* YOUR TASK:
Go line by line through the entries below and copy those containing the string "under".

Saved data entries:
══════

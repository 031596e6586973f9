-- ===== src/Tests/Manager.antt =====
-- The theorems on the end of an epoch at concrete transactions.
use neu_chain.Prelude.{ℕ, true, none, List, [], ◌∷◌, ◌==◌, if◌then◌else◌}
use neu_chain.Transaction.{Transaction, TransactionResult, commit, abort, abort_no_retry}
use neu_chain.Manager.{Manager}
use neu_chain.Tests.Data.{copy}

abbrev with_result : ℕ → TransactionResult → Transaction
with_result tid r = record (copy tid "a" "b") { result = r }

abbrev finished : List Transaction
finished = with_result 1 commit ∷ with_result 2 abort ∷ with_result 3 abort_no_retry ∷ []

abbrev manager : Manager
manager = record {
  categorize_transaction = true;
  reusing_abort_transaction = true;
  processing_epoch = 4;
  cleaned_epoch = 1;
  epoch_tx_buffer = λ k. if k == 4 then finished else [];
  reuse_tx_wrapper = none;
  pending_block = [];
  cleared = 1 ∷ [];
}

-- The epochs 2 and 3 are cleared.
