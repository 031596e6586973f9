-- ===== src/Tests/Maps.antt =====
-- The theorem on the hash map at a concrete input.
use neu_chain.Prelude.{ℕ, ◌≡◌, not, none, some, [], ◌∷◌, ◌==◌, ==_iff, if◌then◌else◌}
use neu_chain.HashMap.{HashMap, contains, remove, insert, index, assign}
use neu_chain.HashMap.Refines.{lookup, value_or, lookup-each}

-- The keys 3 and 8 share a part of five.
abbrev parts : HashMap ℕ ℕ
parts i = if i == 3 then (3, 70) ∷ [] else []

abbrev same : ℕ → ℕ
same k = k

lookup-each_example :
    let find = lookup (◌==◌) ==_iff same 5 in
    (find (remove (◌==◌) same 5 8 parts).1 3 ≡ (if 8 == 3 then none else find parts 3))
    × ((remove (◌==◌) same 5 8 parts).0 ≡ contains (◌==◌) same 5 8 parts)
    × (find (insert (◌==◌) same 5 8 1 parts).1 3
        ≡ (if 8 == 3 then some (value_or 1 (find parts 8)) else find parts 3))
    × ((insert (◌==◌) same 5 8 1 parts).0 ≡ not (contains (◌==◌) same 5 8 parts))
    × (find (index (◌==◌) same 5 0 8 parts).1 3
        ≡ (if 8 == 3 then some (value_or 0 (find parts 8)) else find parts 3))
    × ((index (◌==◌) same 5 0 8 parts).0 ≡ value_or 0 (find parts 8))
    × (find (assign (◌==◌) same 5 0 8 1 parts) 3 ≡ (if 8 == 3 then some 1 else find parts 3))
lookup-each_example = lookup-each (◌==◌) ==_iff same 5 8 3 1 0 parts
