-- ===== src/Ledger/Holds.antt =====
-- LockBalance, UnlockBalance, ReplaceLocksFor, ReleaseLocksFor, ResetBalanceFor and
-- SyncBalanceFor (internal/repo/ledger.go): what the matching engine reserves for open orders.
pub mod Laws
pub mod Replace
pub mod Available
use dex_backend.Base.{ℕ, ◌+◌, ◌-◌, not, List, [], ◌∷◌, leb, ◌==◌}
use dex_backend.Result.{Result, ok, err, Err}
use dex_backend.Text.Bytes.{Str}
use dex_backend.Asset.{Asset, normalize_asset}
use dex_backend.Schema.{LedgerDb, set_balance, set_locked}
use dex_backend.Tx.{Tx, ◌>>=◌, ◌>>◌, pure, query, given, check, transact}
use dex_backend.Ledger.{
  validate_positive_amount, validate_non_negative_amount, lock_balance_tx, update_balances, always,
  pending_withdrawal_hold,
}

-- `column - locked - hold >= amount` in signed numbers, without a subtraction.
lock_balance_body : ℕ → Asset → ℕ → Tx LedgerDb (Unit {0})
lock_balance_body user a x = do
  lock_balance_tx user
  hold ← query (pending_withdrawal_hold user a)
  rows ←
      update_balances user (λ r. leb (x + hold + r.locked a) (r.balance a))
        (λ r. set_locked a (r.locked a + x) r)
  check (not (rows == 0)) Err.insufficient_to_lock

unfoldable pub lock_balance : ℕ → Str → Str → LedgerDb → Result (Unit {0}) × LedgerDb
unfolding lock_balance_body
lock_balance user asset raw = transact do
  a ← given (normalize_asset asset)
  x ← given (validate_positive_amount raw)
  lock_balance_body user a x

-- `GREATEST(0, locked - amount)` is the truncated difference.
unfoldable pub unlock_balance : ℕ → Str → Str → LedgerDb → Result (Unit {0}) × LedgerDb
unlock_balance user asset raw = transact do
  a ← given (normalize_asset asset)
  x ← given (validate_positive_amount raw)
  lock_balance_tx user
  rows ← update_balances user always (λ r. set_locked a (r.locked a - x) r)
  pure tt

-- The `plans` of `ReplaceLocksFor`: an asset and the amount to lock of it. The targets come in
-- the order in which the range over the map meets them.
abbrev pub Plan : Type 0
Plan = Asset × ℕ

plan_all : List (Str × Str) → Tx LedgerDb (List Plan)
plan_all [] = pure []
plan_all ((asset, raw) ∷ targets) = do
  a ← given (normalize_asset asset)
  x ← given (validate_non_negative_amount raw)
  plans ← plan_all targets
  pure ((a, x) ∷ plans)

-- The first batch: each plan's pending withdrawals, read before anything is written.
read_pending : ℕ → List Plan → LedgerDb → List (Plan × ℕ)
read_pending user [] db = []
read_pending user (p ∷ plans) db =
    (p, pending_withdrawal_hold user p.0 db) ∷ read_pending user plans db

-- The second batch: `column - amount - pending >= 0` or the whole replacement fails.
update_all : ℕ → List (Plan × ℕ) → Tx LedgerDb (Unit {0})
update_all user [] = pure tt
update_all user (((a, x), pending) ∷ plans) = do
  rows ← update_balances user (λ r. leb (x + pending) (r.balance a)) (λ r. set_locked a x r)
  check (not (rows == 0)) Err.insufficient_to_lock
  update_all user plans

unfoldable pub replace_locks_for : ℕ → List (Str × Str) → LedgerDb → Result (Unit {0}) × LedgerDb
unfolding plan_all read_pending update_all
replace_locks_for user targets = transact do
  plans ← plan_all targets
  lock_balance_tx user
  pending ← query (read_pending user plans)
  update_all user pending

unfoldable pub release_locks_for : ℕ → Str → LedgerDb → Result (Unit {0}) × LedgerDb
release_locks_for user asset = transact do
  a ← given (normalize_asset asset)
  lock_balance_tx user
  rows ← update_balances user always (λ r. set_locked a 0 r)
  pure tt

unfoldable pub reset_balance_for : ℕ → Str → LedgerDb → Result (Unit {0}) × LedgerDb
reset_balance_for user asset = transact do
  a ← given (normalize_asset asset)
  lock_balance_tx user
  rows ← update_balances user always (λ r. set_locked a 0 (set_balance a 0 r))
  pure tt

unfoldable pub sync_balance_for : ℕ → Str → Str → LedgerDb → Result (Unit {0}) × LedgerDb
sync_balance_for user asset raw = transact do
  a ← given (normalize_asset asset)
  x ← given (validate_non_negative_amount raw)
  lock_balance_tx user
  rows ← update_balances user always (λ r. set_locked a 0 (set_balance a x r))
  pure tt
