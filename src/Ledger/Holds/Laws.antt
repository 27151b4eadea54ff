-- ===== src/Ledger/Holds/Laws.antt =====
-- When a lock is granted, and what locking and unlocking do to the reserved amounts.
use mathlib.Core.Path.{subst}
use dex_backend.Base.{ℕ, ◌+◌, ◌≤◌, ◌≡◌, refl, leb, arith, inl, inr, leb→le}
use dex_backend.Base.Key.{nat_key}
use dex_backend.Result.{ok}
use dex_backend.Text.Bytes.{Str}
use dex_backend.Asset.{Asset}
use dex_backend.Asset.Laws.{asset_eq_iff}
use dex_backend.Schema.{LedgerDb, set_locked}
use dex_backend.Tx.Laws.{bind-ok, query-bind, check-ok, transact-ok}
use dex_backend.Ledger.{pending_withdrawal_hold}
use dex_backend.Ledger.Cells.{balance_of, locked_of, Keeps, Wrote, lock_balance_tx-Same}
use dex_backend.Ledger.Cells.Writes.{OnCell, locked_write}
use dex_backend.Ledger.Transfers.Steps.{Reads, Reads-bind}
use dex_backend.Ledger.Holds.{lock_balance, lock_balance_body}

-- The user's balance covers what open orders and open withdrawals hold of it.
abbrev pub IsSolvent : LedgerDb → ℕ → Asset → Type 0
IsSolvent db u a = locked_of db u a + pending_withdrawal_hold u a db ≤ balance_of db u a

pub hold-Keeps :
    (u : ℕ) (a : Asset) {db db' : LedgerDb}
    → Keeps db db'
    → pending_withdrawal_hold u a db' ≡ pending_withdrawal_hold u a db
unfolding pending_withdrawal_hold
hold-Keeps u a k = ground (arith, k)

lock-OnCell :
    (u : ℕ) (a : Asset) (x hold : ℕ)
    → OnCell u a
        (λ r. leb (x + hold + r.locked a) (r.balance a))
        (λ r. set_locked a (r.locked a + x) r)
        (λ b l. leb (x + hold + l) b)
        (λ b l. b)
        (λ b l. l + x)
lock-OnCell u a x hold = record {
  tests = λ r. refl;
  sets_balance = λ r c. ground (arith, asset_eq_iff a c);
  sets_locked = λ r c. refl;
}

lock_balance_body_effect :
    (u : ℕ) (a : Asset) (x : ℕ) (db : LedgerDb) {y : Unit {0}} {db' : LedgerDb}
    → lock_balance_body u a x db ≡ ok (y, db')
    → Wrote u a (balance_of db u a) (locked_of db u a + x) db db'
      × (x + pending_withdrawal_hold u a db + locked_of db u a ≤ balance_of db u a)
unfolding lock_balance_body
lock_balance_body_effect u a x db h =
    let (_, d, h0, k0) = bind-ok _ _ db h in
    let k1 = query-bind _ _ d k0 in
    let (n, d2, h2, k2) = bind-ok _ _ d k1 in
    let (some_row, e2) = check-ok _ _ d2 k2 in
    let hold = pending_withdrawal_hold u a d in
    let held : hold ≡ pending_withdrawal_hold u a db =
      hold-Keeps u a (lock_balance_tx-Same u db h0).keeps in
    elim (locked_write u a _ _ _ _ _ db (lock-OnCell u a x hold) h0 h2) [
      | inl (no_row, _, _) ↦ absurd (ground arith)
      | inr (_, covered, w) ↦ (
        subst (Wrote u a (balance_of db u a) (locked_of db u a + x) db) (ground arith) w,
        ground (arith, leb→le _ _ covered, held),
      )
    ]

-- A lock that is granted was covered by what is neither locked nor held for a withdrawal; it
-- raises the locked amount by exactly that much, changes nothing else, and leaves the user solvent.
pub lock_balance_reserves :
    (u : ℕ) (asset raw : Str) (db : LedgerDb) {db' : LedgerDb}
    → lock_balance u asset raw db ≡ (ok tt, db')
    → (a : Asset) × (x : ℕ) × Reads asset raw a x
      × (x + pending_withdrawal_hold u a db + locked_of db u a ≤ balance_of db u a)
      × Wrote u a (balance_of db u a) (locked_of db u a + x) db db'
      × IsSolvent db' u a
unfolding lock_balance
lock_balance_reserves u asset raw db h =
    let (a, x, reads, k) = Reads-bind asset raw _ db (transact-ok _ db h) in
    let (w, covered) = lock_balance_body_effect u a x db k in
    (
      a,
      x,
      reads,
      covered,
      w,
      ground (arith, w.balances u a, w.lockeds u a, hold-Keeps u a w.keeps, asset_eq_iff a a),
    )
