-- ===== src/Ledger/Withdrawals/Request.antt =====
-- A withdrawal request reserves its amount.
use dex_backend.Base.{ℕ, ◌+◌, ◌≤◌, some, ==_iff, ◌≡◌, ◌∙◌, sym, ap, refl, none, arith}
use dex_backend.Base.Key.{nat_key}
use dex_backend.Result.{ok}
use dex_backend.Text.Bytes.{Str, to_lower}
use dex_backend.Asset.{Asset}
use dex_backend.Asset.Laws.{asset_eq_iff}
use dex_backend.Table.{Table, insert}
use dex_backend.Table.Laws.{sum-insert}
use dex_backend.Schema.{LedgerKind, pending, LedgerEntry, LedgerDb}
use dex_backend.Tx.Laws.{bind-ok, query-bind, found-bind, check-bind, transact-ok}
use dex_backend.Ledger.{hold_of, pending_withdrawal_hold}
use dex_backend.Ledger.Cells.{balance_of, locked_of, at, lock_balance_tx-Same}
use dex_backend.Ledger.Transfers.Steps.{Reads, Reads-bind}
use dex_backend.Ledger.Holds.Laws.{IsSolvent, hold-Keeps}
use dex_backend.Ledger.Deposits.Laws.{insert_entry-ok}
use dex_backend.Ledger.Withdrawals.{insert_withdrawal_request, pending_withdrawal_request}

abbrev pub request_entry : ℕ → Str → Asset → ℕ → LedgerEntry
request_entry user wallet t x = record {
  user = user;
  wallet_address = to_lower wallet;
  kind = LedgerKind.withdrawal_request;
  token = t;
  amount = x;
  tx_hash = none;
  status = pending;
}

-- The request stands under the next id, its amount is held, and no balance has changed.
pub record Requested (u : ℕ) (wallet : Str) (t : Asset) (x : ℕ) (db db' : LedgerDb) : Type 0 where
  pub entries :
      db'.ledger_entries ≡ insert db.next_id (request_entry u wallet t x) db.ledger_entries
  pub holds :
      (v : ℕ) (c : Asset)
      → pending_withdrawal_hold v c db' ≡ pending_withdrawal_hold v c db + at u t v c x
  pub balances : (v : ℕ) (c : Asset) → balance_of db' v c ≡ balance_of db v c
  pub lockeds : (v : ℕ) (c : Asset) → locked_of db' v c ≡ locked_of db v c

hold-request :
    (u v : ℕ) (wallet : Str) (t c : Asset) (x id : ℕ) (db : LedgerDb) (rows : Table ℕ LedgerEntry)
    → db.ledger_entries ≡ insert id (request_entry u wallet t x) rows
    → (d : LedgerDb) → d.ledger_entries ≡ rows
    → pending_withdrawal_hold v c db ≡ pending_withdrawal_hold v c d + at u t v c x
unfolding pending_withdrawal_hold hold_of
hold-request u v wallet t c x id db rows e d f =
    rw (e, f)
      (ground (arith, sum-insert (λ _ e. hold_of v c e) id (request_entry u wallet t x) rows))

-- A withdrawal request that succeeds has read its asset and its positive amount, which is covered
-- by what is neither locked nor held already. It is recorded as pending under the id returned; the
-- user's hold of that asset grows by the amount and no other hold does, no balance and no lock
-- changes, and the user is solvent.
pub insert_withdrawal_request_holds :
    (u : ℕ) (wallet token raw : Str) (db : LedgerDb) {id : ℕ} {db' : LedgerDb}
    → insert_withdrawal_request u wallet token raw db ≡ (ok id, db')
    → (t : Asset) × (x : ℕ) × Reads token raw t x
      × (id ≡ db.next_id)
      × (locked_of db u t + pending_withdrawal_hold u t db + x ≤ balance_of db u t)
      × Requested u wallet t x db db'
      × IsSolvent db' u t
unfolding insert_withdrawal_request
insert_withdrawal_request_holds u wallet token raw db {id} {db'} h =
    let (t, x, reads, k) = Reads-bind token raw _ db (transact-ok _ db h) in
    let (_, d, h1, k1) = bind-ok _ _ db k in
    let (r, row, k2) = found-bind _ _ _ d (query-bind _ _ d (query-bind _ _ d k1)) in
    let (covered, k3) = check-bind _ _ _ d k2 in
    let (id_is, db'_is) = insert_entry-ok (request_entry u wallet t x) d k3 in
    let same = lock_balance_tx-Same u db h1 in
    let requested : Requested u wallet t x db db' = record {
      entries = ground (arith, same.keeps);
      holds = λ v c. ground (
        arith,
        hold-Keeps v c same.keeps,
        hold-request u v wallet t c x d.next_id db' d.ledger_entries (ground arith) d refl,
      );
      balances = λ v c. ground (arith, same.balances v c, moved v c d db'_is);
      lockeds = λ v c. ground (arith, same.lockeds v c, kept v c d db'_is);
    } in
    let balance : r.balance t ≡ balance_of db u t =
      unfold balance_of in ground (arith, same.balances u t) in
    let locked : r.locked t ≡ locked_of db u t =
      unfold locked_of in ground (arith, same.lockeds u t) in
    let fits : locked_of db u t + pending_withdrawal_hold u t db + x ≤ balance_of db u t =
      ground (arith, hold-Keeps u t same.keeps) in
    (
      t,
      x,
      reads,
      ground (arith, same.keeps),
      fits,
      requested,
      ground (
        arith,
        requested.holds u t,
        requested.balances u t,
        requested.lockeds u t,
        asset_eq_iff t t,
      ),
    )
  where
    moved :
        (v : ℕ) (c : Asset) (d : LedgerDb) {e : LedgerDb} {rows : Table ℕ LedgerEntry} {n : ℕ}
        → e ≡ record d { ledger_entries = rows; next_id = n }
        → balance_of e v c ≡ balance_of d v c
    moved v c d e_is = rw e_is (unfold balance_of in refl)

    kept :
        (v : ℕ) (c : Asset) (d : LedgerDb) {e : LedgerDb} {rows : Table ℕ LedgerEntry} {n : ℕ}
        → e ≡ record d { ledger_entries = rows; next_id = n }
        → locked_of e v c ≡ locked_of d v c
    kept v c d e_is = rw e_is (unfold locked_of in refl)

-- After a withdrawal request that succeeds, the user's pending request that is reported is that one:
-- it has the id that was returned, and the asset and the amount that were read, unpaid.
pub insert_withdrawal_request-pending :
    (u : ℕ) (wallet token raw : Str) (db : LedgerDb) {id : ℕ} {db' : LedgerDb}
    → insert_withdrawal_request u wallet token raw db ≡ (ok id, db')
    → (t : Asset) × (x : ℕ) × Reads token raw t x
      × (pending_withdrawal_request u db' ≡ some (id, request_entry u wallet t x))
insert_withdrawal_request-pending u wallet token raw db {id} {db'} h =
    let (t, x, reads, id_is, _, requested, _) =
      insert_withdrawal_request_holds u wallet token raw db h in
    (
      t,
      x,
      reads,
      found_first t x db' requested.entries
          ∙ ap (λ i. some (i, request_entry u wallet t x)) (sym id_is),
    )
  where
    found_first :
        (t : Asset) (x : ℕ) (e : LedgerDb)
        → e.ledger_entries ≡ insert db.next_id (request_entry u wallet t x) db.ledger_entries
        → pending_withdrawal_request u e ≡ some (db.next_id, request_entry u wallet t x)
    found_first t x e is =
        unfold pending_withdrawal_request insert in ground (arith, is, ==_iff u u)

══════

* TASK OUTPUT:
-- The request stands under the next id, its amount is held, and no balance has changed.
-- by what is neither locked nor held already. It is recorded as pending under the id returned; the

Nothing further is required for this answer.